> [Data provided]:
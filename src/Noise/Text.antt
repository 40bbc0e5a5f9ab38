-- ===== src/Noise/Text.antt =====
-- src/noise/known_peers.rs: the functions on texts that it uses. A text is the list of its code
-- points.
use Prim.Native.Char.{code}
use Prim.Native.String.{[] as empty, ◌∷◌ as push}
use llamesh.Prelude.{
  ℕ, ◌≡◌, refl, ◌↔◌, String, Bool, true, false, not, ◌&&◌, ◌||◌, Option, none, some, List, [], ◌∷◌,
  ◌++◌, ap, All, arith, leb, eqb, eqb_iff, if◌then◌else◌,
}
use llamesh.Prelude.Eq.{Key}

abbrev pub Text : Type 0
Text = List ℕ

abbrev pub codes : String → Text
codes empty = []
codes (push c s) = code c ∷ codes s

abbrev pub same_text : Text → Text → Bool
same_text [] [] = true
same_text [] (d ∷ t) = false
same_text (c ∷ s) [] = false
same_text (c ∷ s) (d ∷ t) = eqb c d && same_text s t

pub same_text_iff : (s t : Text) → (same_text s t ≡ true) ↔ (s ≡ t)
same_text_iff [] [] = ground arith
same_text_iff [] (d ∷ t) = ground arith
same_text_iff (c ∷ s) [] = ground arith
same_text_iff (c ∷ s) (d ∷ t) = ground (arith, same_text_iff s t, eqb_iff c d)

instance abbrev pub text_key : Key Text
text_key = record { same = same_text; same_iff = same_text_iff }

abbrev pub newline : ℕ
newline = 10

abbrev pub space : ℕ
space = 32

-- `char::is_whitespace`
unfoldable pub is_whitespace : ℕ → Bool
is_whitespace c =
    (leb 9 c && leb c 13)
    || eqb c 32
    || eqb c 133
    || eqb c 160
    || eqb c 5760
    || (leb 8192 c && leb c 8202)
    || eqb c 8232
    || eqb c 8233
    || eqb c 8239
    || eqb c 8287
    || eqb c 12288

abbrev pub push_first : ℕ → List Text → List Text
push_first c [] = (c ∷ []) ∷ []
push_first c (t ∷ ts) = (c ∷ t) ∷ ts

-- `str::lines`; it also takes a carriage return off a line, which is whitespace and which the
-- caller trims.
unfoldable pub lines : Text → List Text
lines [] = []
lines (c ∷ s) = let rest = lines s in if eqb c newline then [] ∷ rest else push_first c rest

abbrev pub starts_word : Text → Bool
starts_word [] = false
starts_word (c ∷ s) = not (is_whitespace c)

-- `str::split_whitespace`
unfoldable pub split_whitespace : Text → List Text
split_whitespace [] = []
split_whitespace (c ∷ s) =
    let rest = split_whitespace s in
    if is_whitespace c then rest else if starts_word s then push_first c rest else (c ∷ []) ∷ rest

abbrev pub is_empty : Text → Bool
is_empty [] = true
is_empty (c ∷ s) = false

-- `str::trim`
unfoldable pub trim_start : Text → Text
trim_start [] = []
trim_start (c ∷ s) = let rest = trim_start s in if is_whitespace c then rest else c ∷ s

unfoldable pub trim_end : Text → Text
trim_end [] = []
trim_end (c ∷ s) =
    let rest = trim_end s in if is_whitespace c && is_empty rest then [] else c ∷ rest

abbrev pub trim : Text → Text
trim s = trim_end (trim_start s)

unfoldable pub strip_prefix : Text → Text → Option Text
strip_prefix [] s = some s
strip_prefix (p ∷ ps) [] = none
strip_prefix (p ∷ ps) (c ∷ s) = let rest = strip_prefix ps s in if eqb p c then rest else none

-- No character of the text is whitespace.
abbrev pub IsSolid : Text → Type 0
IsSolid = All (λ c. is_whitespace c ≡ false)

pub lines_line :
    (s t : Text) → All (λ c. eqb c newline ≡ false) s → lines (s ++ (newline ∷ t)) ≡ s ∷ lines t
unfolding lines
lines_line [] t a = refl
lines_line (c ∷ s) t (n, a) = rw (n, lines_line s t a)

space_IsWhitespace : is_whitespace space ≡ true
unfolding is_whitespace
space_IsWhitespace = refl

pub words_word :
    (c : ℕ) (w s : Text)
    → IsSolid (c ∷ w)
    → split_whitespace (c ∷ w ++ (space ∷ s)) ≡ (c ∷ w) ∷ split_whitespace s
unfolding split_whitespace
words_word c [] s (n, a) = ground (arith, space_IsWhitespace)
words_word c (d ∷ w) s (n, (m, a)) =
    rw n (ground (arith, ap (push_first c) (words_word d w s (m, a))))

pub words_last : (c : ℕ) (w : Text) → IsSolid (c ∷ w) → split_whitespace (c ∷ w) ≡ (c ∷ w) ∷ []
unfolding split_whitespace
words_last c [] (n, a) = rw n
words_last c (d ∷ w) (n, (m, a)) = rw n (ground (arith, ap (push_first c) (words_last d w (m, a))))

pub is_empty-append : (s t : Text) → is_empty t ≡ false → is_empty (s ++ t) ≡ false
is_empty-append [] t e = e
is_empty-append (c ∷ s) t e = refl

pub trim_end_word : (c : ℕ) (w : Text) → IsSolid (c ∷ w) → trim_end (c ∷ w) ≡ c ∷ w
unfolding trim_end
trim_end_word c [] (n, a) = rw n
trim_end_word c (d ∷ w) (n, (m, a)) = rw (trim_end_word d w (m, a), n)

-- A text is not cut at its end where a last part of it is not.
pub trim_end_append :
    (s t : Text) → is_empty t ≡ false → trim_end t ≡ t → trim_end (s ++ t) ≡ s ++ t
unfolding trim_end
trim_end_append [] t e f = f
trim_end_append (d ∷ s) t e f = rw (trim_end_append s t e f) (ground (arith, is_empty-append s t e))

pub solid_lines : (s : Text) → IsSolid s → All (λ c. eqb c newline ≡ false) s
unfolding is_whitespace
solid_lines [] a = tt
solid_lines (c ∷ s) (n, a) = (ground arith, solid_lines s a)

pub All-append : (P : ℕ → Type 0) (s t : Text) → All P s → All P t → All P (s ++ t)
All-append P [] t a b = b
All-append P (c ∷ s) t (n, a) b = (n, All-append P s t a b)
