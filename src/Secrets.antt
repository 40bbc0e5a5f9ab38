-- ===== src/Secrets.antt =====
-- src/instance.rs: the API keys and tokens on the command line of `llama-server`. A text is the list
-- of its code points. The file system, the environment, and which texts are UTF-8 or fit an HTTP
-- header are parameters.
pub mod Csv
pub mod Redaction
pub mod Keys
pub mod Tests
use llamesh.Prelude.{
  ℕ, Bool, true, false, not, ◌&&◌, ◌||◌, Option, none, some, List, [], ◌∷◌, ◌++◌, any, map, eqb,
  if◌then◌else◌,
}
use llamesh.Noise.Text.{Text, codes, same_text, is_empty, strip_prefix}

abbrev pub quote : ℕ
quote = 34

abbrev pub comma : ℕ
comma = 44

abbrev pub equals : ℕ
equals = 61

-- The loop of `parse_csv_row`: the rest of the input, the field so far, and whether it is quoted.
unfoldable pub csv_loop : Text → Text → Bool → List Text
csv_loop [] field in_quotes = field ∷ []
csv_loop (c ∷ s) field false = elim (eqb c quote) [
  | true ↦ elim (is_empty field) [
    | true ↦ csv_loop s field true
    | false ↦ csv_loop s (field ++ (quote ∷ [])) false
  ]
  | false ↦ elim (eqb c comma) [
    | true ↦ field ∷ csv_loop s [] false
    | false ↦ csv_loop s (field ++ (c ∷ [])) false
  ]
]
csv_loop (c ∷ []) field true = if eqb c quote then field ∷ [] else (field ++ (c ∷ [])) ∷ []
csv_loop (c ∷ d ∷ s) field true = elim (eqb c quote) [
  | true ↦ elim (eqb d quote) [
    | true ↦ csv_loop s (field ++ (quote ∷ [])) true
    | false ↦ csv_loop (d ∷ s) field false
  ]
  | false ↦ csv_loop (d ∷ s) (field ++ (c ∷ [])) true
]

unfoldable pub parse_csv_row : Text → List Text
unfolding csv_loop
parse_csv_row input = csv_loop input [] false

abbrev pub first_filled : List Text → Option Text
first_filled [] = none
first_filled (key ∷ keys) = if is_empty key then first_filled keys else some key

unfoldable pub first_listed_key : Text → Option Text
unfolding parse_csv_row
first_listed_key keys = first_filled (parse_csv_row keys)

abbrev pub is_comment : Text → Bool
is_comment [] = true
is_comment (c ∷ s) = eqb c 35

-- What a key file reads as, where it opens: its lines, up to one that cannot be read.
abbrev pub KeyFile : Type 0
KeyFile = Option (List (Option Text))

-- `first_key_in_file`; none is a failure.
abbrev pub first_key_line : (Text → Bool) → List (Option Text) → Option (Option Text)
first_key_line is_utf8 [] = some none
first_key_line is_utf8 (none ∷ lines) = none
first_key_line is_utf8 (some line ∷ lines) =
    let rest = first_key_line is_utf8 lines in
    if is_comment line then rest else if is_utf8 line then some (some line) else none

unfoldable pub first_key_in_file : (Text → Bool) → KeyFile → Option (Option Text)
first_key_in_file is_utf8 none = none
first_key_in_file is_utf8 (some lines) = first_key_line is_utf8 lines

-- `replace('_', "-")`, where the name begins with two dashes.
abbrev pub dashes : Text → Text
dashes name = map (λ c. if eqb c 95 then 45 else c) name

abbrev pub is_long : Text → Bool
is_long (c ∷ d ∷ s) = eqb c 45 && eqb d 45
is_long s = false

pub data KeyOption : Type 0 where
  api_key api_key_file : KeyOption

-- Which key option an argument is.
unfoldable pub key_option : Text → Option KeyOption
key_option arg =
    if not (is_long arg)
    then none
    else if same_text (dashes arg) (codes "--api-key")
    then some api_key
    else if same_text (dashes arg) (codes "--api-key-file")
    then some api_key_file
    else none

abbrev pub or_key : Option Text → Option Text → Option Text
or_key none key = key
or_key (some found) key = some found

-- What the rest of the system gives the search for a key.
pub record KeyEnv : Type 0 where
  pub file : Text → KeyFile
  pub var : Text → Option Text
  pub is_utf8 : Text → Bool
  pub fits_header : Text → Bool

abbrev pub take_found :
    Option (Option Text) → (Option Text → Option (Option Text)) → Option (Option Text)
take_found none take = none
take_found (some found) take = take found

-- What an argument does to the loop of `backend_api_key_with_env`: the loop goes on after it, or
-- takes the argument that follows as its value.
unfoldable pub key_step :
    KeyEnv
    → Option KeyOption
    → Text
    → Option (Option Text)
    → (Option Text → Option (Option Text))
    → Option (Option Text)
unfolding first_listed_key first_key_in_file
key_step e none value skip take = skip
key_step e (some api_key) value skip take = take (first_listed_key value)
key_step e (some api_key_file) value skip take =
    take_found (first_key_in_file e.is_utf8 (e.file value)) take

-- That loop, with the key so far.
unfoldable pub key_loop : KeyEnv → List Text → Option Text → Option (Option Text)
unfolding key_option key_step
key_loop e [] key = some key
key_loop e (arg ∷ []) key = some key
key_loop e (arg ∷ value ∷ args) key =
    key_step e (key_option arg) value (key_loop e (value ∷ args) key)
      (λ found. key_loop e args (or_key found key))

-- The two looks at the environment, where the arguments have no key.
abbrev pub or_file : KeyEnv → Option Text → Option Text → Option (Option Text)
or_file e (some key) path = some (some key)
or_file e none none = some none
or_file e none (some path) = first_key_in_file e.is_utf8 (e.file path)

abbrev pub listed_key : Option Text → Option Text
listed_key none = none
listed_key (some keys) = first_listed_key keys

abbrev pub key_in_env : KeyEnv → Option Text → Option (Option Text)
key_in_env e (some key) = some (some key)
key_in_env e none =
    or_file e (listed_key (e.var (codes "LLAMA_API_KEY"))) (e.var (codes "LLAMA_ARG_API_KEY_FILE"))

abbrev pub checked_key : KeyEnv → Option (Option Text) → Option (Option Text)
checked_key e none = none
checked_key e (some none) = some none
checked_key e (some (some key)) = if e.fits_header key then some (some key) else none

abbrev pub then_env : KeyEnv → Option (Option Text) → Option (Option Text)
then_env e none = none
then_env e (some key) = key_in_env e key

-- `backend_api_key_with_env`; none is a failure.
unfoldable pub backend_api_key : KeyEnv → List Text → Option (Option Text)
unfolding key_loop
backend_api_key e args = checked_key e (then_env e (key_loop e args none))

abbrev pub redacted : Text
redacted = codes "<redacted>"

unfoldable pub is_secret_option : Text → Bool
is_secret_option name =
    any (same_text (if is_long name then dashes name else name))
      (codes "--api-key" ∷ codes "--hf-token" ∷ codes "-hft" ∷ [])

-- `split_once('=')`
abbrev pub with_first : ℕ → Option (Text × Text) → Option (Text × Text)
with_first c none = none
with_first c (some (before, after)) = some (c ∷ before, after)

abbrev pub split_equals : Text → Option (Text × Text)
split_equals [] = none
split_equals (c ∷ s) =
    let rest = split_equals s in if eqb c equals then some ([], s) else with_first c rest

abbrev pub redact_split : Text → Option (Text × Text) → Text
redact_split arg none = arg
redact_split arg (some (name, value)) =
    if is_secret_option name then name ++ (equals ∷ redacted) else arg

-- The loop of `redact_secret_args`; whether the next argument is a secret.
unfoldable pub redact_loop : Bool → List Text → List Text
unfolding is_secret_option
redact_loop redact_next [] = []
redact_loop true (arg ∷ args) = redacted ∷ redact_loop false args
redact_loop false (arg ∷ args) =
    (if is_secret_option arg then arg else redact_split arg (split_equals arg))
    ∷ redact_loop (is_secret_option arg) args

unfoldable pub redact_secret_args : List Text → List Text
unfolding redact_loop
redact_secret_args args = redact_loop false args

> [Task instructions]:
Working from the records above, write out verbatim only the lines from the line containing "(s t : Text) → is_empty t ≡ false → trim_end" through the line containing "trim_end_append (d ∷".

> [Result for this task]:
    (s t : Text) → is_empty t ≡ false → trim_end t ≡ t → trim_end (s ++ t) ≡ s ++ t
unfolding trim_end
trim_end_append [] t e f = f
trim_end_append (d ∷ s) t e f = rw (trim_end_append s t e f) (ground (arith, is_empty-append s t e))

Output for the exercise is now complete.